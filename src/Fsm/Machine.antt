-- ===== src/Fsm/Machine.antt =====
-- pp_state_machine and pp_leave_current_state of fsm.c. What only prints is left out.
use ppsi.Bmc.Apply.{bmc_apply_state_descision}
use ppsi.Ds.{
  BmcHooks, ExState, Globals, Instance, PdState, State, TimeOps, is_ex_active, ppm_no_message,
  same_state, set_inst, state_value, to_prot_state,
}
use ppsi.Fsm.Frame.{fsm_unpack_verify_frame, pp_packet_prefilter}
use ppsi.Fsm.Link.{FsmHooks, pdstate_disable_extension, pdstate_set_state_pdetection}
use ppsi.Msg.Bytes.{Buffer}
use ppsi.Prelude.{
  Bool, Option, [], false, if◌then◌else◌, leb, ltb_ℤ, none, not, pos, pos_part, some, true, ℕ, ℤ,
  ◌&&◌, ◌==◌, ◌||◌, ◌∷◌,
}
use ppsi.Timeout.Defs.{pp_timeout, pp_timeout_set}
use ppsi.Timeout.Reset.{pp_timeout_setall}

-- What the machine calls: the action of each state (the f1 of pp_state_table, whose result is only
-- printed), the hooks of the extension, and the time operations.
pub record Calls : Type 0 where
  pub f1 : State → Globals → ℕ → Option Buffer → ℕ → Globals
  pub hooks : FsmHooks
  pub bmc_hooks : BmcHooks
  pub ops : TimeOps

-- A value of PPS_LAST_STATE or more.
unfoldable pub is_extension_state : State → Bool
is_extension_state s = leb 10 (state_value s)

-- bzero(ppi->activePeer, 6) when a master or slave leaves its state.
unfoldable pub clear_active_peer : Instance → Instance
clear_active_peer p =
    if same_state p.state State.master || same_state p.state State.slave
    then record p { active_peer = 0 ∷ 0 ∷ 0 ∷ 0 ∷ 0 ∷ 0 ∷ [] }
    else p

unfoldable pub change_hook : Option (Globals → ℕ → Globals) → Globals → ℕ → Globals
change_hook none g ppi = g
change_hook (some hook) g ppi = hook (set_inst g ppi (clear_active_peer (g.inst ppi))) ppi

-- ppi->state = ppi->next_state, and what a disabled port forgets
unfoldable pub enter_next_state : Instance → Instance
enter_next_state p =
    let q = record p {
      state = p.next_state;
      waiting_for_f_up = false;
      waiting_for_rf_up = false;
    } in
    if same_state p.next_state State.disabled
    then record q { pdstate = PdState.pd_none; ext_state = ExState.ex_disable }
    else q

-- Its result is 0: the new state is entered at once.
unfoldable pub pp_leave_current_state : FsmHooks → Globals → ℕ → Globals × ℤ
pp_leave_current_state hooks g ppi =
    let g1 = change_hook hooks.state_change g ppi in
    let p1 = g1.inst ppi in
    let g2 =
      if is_extension_state p1.state || is_extension_state p1.next_state
      then pp_timeout_setall g1 ppi
      else g1 in
    (set_inst g2 ppi (enter_next_state (g2.inst ppi)), pos 0)

-- `if (ppi->state != ppi->next_state) return pp_leave_current_state(ppi);`, or else what follows.
unfoldable pub unless_left : FsmHooks → ℕ → (Globals → Globals × ℤ) → Globals → Globals × ℤ
unless_left hooks ppi rest g =
    let p = g.inst ppi in
    if same_state p.state p.next_state then rest g else pp_leave_current_state hooks g ppi

-- get_current_state_table_item, and the reset of next_state and next_delay. The table has an item for
-- every state.
unfoldable pub get_current_state_table_item : Instance → Instance
get_current_state_table_item p = record p {
  is_new_state = not (elim p.current_state_item [ none ↦ false | some s ↦ same_state s p.state ]);
  current_state_item = some p.state;
  next_state = p.state;
  next_delay = pos 0;
}

-- The frame that survives the checks on its length and header: the header goes to the instance, and
-- the length is the one that the message states.
unfoldable pub receive : Globals → ℕ → Option Buffer → ℤ → Globals × (Option Buffer × ℕ)
receive g ppi buf len =
    let short = ltb_ℤ len (pos 34) in
    elim (fsm_unpack_verify_frame (if short then none else buf) (if short then 0 else pos_part len))
      as (λ h. Globals × (Option Buffer × ℕ)) [
        | none ↦ (g, (none, 0))
        | some hdr ↦ (
          set_inst g ppi (record (g.inst ppi) { received_ptp_header = hdr }),
          (buf, hdr.message_length),
        )
      ]

-- The frame that survives the filter.
unfoldable pub filter_frame : Globals → ℕ → Option Buffer × ℕ → Option Buffer × ℕ
filter_frame g ppi (none, len) = (none, len)
filter_frame g ppi (some buf, len) =
    if pp_packet_prefilter g ppi then (some buf, len) else (none, 0)

-- tmo_lstate_detection, with its default of 20 seconds
unfoldable pub lstate_timeout : FsmHooks → Globals → ℕ → ℤ
lstate_timeout hooks g ppi = elim hooks.get_tmo_lstate_detection [
  | none ↦ pos 20000
  | some hook ↦ hook g ppi
]

abbrev pub is_waiting_for_message : PdState → Bool
is_waiting_for_message PdState.pd_wait_msg = true
is_waiting_for_message _ = false

-- The first frame starts the detection of the protocol; without a frame the message type is
-- PPM_NO_MESSAGE.
unfoldable pub note_frame : FsmHooks → ℕ → ℕ → Globals → Globals
note_frame hooks ppi len g =
    let p = g.inst ppi in
    if len == 0
    then set_inst g ppi (record p {
      received_ptp_header = record p.received_ptp_header { message_type = ppm_no_message };
    })
    else if is_waiting_for_message p.pdstate
    then pdstate_set_state_pdetection
        (pp_timeout_set g ppi to_prot_state (lstate_timeout hooks g ppi)) ppi
    else g

abbrev pub is_detecting : PdState → Bool
is_detecting PdState.pd_pdetection = true
is_detecting PdState.pd_pdetected = true
is_detecting _ = false

-- An active extension whose protocol state times out is disabled.
unfoldable pub check_protocol : FsmHooks → ℕ → Globals → Globals
check_protocol hooks ppi g =
    let p = g.inst ppi in
    if (is_ex_active p.ext_state && is_detecting p.pdstate) && pp_timeout g ppi to_prot_state
    then pdstate_disable_extension hooks g ppi
    else g

-- The best master clock algorithm runs when it was triggered, and may leave the state.
unfoldable pub run_bmc : Calls → ℕ → (Globals → Globals × ℤ) → Globals → Globals × ℤ
run_bmc calls ppi rest g =
    let g1 = set_inst g ppi (record (g.inst ppi) { bmca_execute = false }) in
    let (g2, next) = bmc_apply_state_descision calls.ops calls.bmc_hooks g1 ppi in
    if (g.inst ppi).bmca_execute
    then unless_left calls.hooks ppi rest
        (set_inst g2 ppi (record (g2.inst ppi) { next_state = next }))
    else rest g

-- if (delay < ppi->next_delay) ppi->next_delay = delay; the result is the delay
unfoldable pub shorten_delay : ℕ → ℤ → Globals → Globals × ℤ
shorten_delay ppi delay g =
    let p = g.inst ppi in
    let q = if ltb_ℤ delay p.next_delay then record p { next_delay = delay } else p in
    (set_inst g ppi q, q.next_delay)

-- The state machine of the extension, if it has one.
unfoldable pub run_hook :
    Option (Globals → ℕ → Option Buffer → ℕ → Globals × ℤ)
    → FsmHooks
    → ℕ
    → Option Buffer
    → ℕ
    → Globals
    → Globals × ℤ
run_hook none hooks ppi buf len g = (g, (g.inst ppi).next_delay)
run_hook (some hook) hooks ppi buf len g =
    let (g1, delay) = hook g ppi buf len in unless_left hooks ppi (shorten_delay ppi delay) g1

unfoldable pub run_extension : FsmHooks → ℕ → Option Buffer → ℕ → Globals → Globals × ℤ
run_extension hooks = run_hook hooks.run_ext_state_machine hooks

-- What follows the action of the state.
unfoldable pub after_action : Calls → ℕ → Option Buffer × ℕ → Globals → Globals × ℤ
after_action calls ppi (buf, len) g =
    run_bmc calls ppi (run_extension calls.hooks ppi buf len) (check_protocol calls.hooks ppi g)

-- From the action of the state on. The item of the table is the one taken at the start.
unfoldable pub run_state : Calls → ℕ → State → Option Buffer × ℕ → Globals → Globals × ℤ
run_state calls ppi item (buf, len) g =
    unless_left calls.hooks ppi (after_action calls ppi (buf, len))
      (calls.f1 item (note_frame calls.hooks ppi len g) ppi buf len)

unfoldable pub pp_state_machine : Calls → Globals → ℕ → Option Buffer → ℤ → Globals × ℤ
pp_state_machine calls g ppi buf len =
    let (g1, frame) = receive g ppi buf len in
    let g2 = set_inst g1 ppi (get_current_state_table_item (g1.inst ppi)) in
    unless_left calls.hooks ppi
      (run_state calls ppi (g1.inst ppi).state (filter_frame g2 ppi frame)) g2
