-- ===== src/Fsm/Change.antt =====
-- How a run of the machine ends.
use ppsi.Bmc.Apply.{bmc_apply_state_descision}
use ppsi.Ds.{ExState, Globals, Output, PdState, State, emit, same_state, set_inst, state_value}
use ppsi.Fsm.Link.{FsmHooks, call_hook, pdstate_disable_extension, set_ext_state, set_pdstate}
use ppsi.Fsm.Machine.{
  Calls, after_action, check_protocol, enter_next_state, filter_frame, get_current_state_table_item,
  note_frame, pp_leave_current_state, pp_state_machine, receive, run_bmc, run_extension, run_hook,
  run_state, shorten_delay, unless_left,
}
use ppsi.Msg.Bytes.{Buffer}
use ppsi.Prelude.{
  Bool-cases, Option, ap, arith, false, if_either, if◌then◌else◌, inl, inr, none, pos, refl, some,
  sym, true, ℕ, ℤ, ◌-◌, ◌==◌, ◌∙◌, ◌≡◌, ◌⊎◌,
}

-- The state of a value.
unfoldable state_of_value : ℕ → State
state_of_value v =
    if v == 0
    then State.end_of_table
    else if v == 1
    then State.initializing
    else if v == 2
    then State.faulty
    else if v == 3
    then State.disabled
    else if v == 4
    then State.listening
    else if v == 5
    then State.pre_master
    else if v == 6
    then State.master
    else if v == 7
    then State.passive
    else if v == 8
    then State.uncalibrated
    else if v == 9
    then State.slave
    else State.extension (v - 10)

state_of_value-state_value : (s : State) → state_of_value (state_value s) ≡ s
unfolding state_of_value
state_of_value-state_value State.end_of_table = refl
state_of_value-state_value State.initializing = refl
state_of_value-state_value State.faulty = refl
state_of_value-state_value State.disabled = refl
state_of_value-state_value State.listening = refl
state_of_value-state_value State.pre_master = refl
state_of_value-state_value State.master = refl
state_of_value-state_value State.passive = refl
state_of_value-state_value State.uncalibrated = refl
state_of_value-state_value State.slave = refl
state_of_value-state_value (State.extension n) = ground arith

pub same_state_eq : (a b : State) → same_state a b ≡ true → a ≡ b
same_state_eq a b h =
    let same : state_value a ≡ state_value b = ground arith in
    sym (state_of_value-state_value a) ∙ ap state_of_value same ∙ state_of_value-state_value b

-- The run has ended in the state that it chose, and its delay is 0 or the instance's next_delay.
abbrev pub Ends : ℕ → Globals × ℤ → Type 0
Ends ppi r =
    ((r.0.inst ppi).state ≡ (r.0.inst ppi).next_state)
    × ((r.1 ≡ pos 0) ⊎ (r.1 ≡ (r.0.inst ppi).next_delay))

pp_leave_current_state-Ends :
    (hooks : FsmHooks) (g : Globals) (ppi : ℕ) → Ends ppi (pp_leave_current_state hooks g ppi)
unfolding pp_leave_current_state enter_next_state
pp_leave_current_state-Ends hooks g ppi = (ground arith, inl refl)

-- The instance stays in the state that it chose.
abbrev pub Stays : ℕ → Globals → Type 0
Stays ppi g = (g.inst ppi).state ≡ (g.inst ppi).next_state

unless_left-Ends :
    (hooks : FsmHooks) (ppi : ℕ) (rest : Globals → Globals × ℤ) (g : Globals)
    → (Stays ppi g → Ends ppi (rest g))
    → Ends ppi (unless_left hooks ppi rest g)
unfolding unless_left
unless_left-Ends hooks ppi rest g h =
    elim (Bool-cases (same_state (g.inst ppi).state (g.inst ppi).next_state)) [
      | inl e ↦ rw e (h (same_state_eq (g.inst ppi).state (g.inst ppi).next_state e))
      | inr e ↦ rw e (pp_leave_current_state-Ends hooks g ppi)
    ]

shorten_delay-Ends :
    (ppi : ℕ) (delay : ℤ) (g : Globals) → Stays ppi g → Ends ppi (shorten_delay ppi delay g)
unfolding shorten_delay
shorten_delay-Ends ppi delay g h = (ground arith, inr (ground arith))

run_hook-Ends :
    (hook : Option (Globals → ℕ → Option Buffer → ℕ → Globals × ℤ)) (hooks : FsmHooks) (ppi : ℕ)
    (buf : Option Buffer) (len : ℕ) (g : Globals)
    → Stays ppi g
    → Ends ppi (run_hook hook hooks ppi buf len g)
unfolding run_hook
run_hook-Ends none hooks ppi buf len g h = (h, inr refl)
run_hook-Ends (some hook) hooks ppi buf len g h =
    unless_left-Ends hooks ppi (shorten_delay ppi (hook g ppi buf len).1) (hook g ppi buf len).0
      (shorten_delay-Ends ppi (hook g ppi buf len).1 (hook g ppi buf len).0)

-- The hook leaves the state and the next state of the instance as they are.
abbrev pub KeepsState : Option (Globals → ℕ → Globals) → Type 0
KeepsState hook =
    (g : Globals) (ppi : ℕ)
    → (((call_hook hook g ppi).inst ppi).state ≡ (g.inst ppi).state)
      × (((call_hook hook g ppi).inst ppi).next_state ≡ (g.inst ppi).next_state)

check_protocol-Stays :
    (hooks : FsmHooks) (ppi : ℕ) (g : Globals)
    → KeepsState hooks.extension_state_changed
    → Stays ppi g
    → Stays ppi (check_protocol hooks ppi g)
unfolding check_protocol pdstate_disable_extension
check_protocol-Stays hooks ppi g k h =
    let called =
      k
        (emit (set_ext_state (set_pdstate g ppi PdState.pd_failure) ppi ExState.ex_ptp)
          Output.servo_init)
        ppi in
    ground arith

-- The globals after the decision of the best master clock algorithm.
abbrev after_decision : Calls → ℕ → Globals → Globals
after_decision calls ppi g =
    let g1 = set_inst g ppi (record (g.inst ppi) { bmca_execute = false }) in
    let (g2, next) = bmc_apply_state_descision calls.ops calls.bmc_hooks g1 ppi in
    set_inst g2 ppi (record (g2.inst ppi) { next_state = next })

run_bmc-Ends :
    (calls : Calls) (ppi : ℕ) (rest : Globals → Globals × ℤ) (g : Globals)
    → ((g : Globals) → Stays ppi g → Ends ppi (rest g))
    → Stays ppi g
    → Ends ppi (run_bmc calls ppi rest g)
unfolding run_bmc
run_bmc-Ends calls ppi rest g k h =
    if_either (g.inst ppi).bmca_execute (Ends ppi)
      (unless_left-Ends calls.hooks ppi rest (after_decision calls ppi g)
        (k (after_decision calls ppi g)))
      (k g h)

after_action-Ends :
    (calls : Calls) (ppi : ℕ) (frame : Option Buffer × ℕ) (g : Globals)
    → KeepsState calls.hooks.extension_state_changed
    → Stays ppi g
    → Ends ppi (after_action calls ppi frame g)
unfolding after_action run_extension
after_action-Ends calls ppi (buf, len) g k h =
    run_bmc-Ends calls ppi (run_extension calls.hooks ppi buf len)
      (check_protocol calls.hooks ppi g)
      (run_hook-Ends calls.hooks.run_ext_state_machine calls.hooks ppi buf len)
      (check_protocol-Stays calls.hooks ppi g k h)

run_state-Ends :
    (calls : Calls) (ppi : ℕ) (item : State) (frame : Option Buffer × ℕ) (g : Globals)
    → KeepsState calls.hooks.extension_state_changed
    → Ends ppi (run_state calls ppi item frame g)
unfolding run_state
run_state-Ends calls ppi item (buf, len) g k =
    unless_left-Ends calls.hooks ppi (after_action calls ppi (buf, len))
      (calls.f1 item (note_frame calls.hooks ppi len g) ppi buf len)
      (after_action-Ends calls ppi (buf, len)
        (calls.f1 item (note_frame calls.hooks ppi len g) ppi buf len) k)

-- If the hook that reports a change of the extension leaves the state and the next state alone, a run
-- of the machine ends with the port in its next state, and with a result that is 0 or the instance's
-- next_delay, for every frame and whatever the actions and the other hooks do.
pub pp_state_machine-Ends :
    (calls : Calls) (g : Globals) (ppi : ℕ) (buf : Option Buffer) (len : ℤ)
    → KeepsState calls.hooks.extension_state_changed
    → Ends ppi (pp_state_machine calls g ppi buf len)
unfolding pp_state_machine
pp_state_machine-Ends calls g ppi buf len k =
    let g1 = (receive g ppi buf len).0 in
    let g2 = set_inst g1 ppi (get_current_state_table_item (g1.inst ppi)) in
    let frame = filter_frame g2 ppi (receive g ppi buf len).1 in
    unless_left-Ends calls.hooks ppi (run_state calls ppi (g1.inst ppi).state frame) g2
      (λ h. run_state-Ends calls ppi (g1.inst ppi).state frame g2 k)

════════════════

**Task details**
Your response should be each line that includes the word "best", copied from the records.

**Exercise response**
-- The best master clock algorithm runs when it was triggered, and may leave the state.
-- The globals after the decision of the best master clock algorithm.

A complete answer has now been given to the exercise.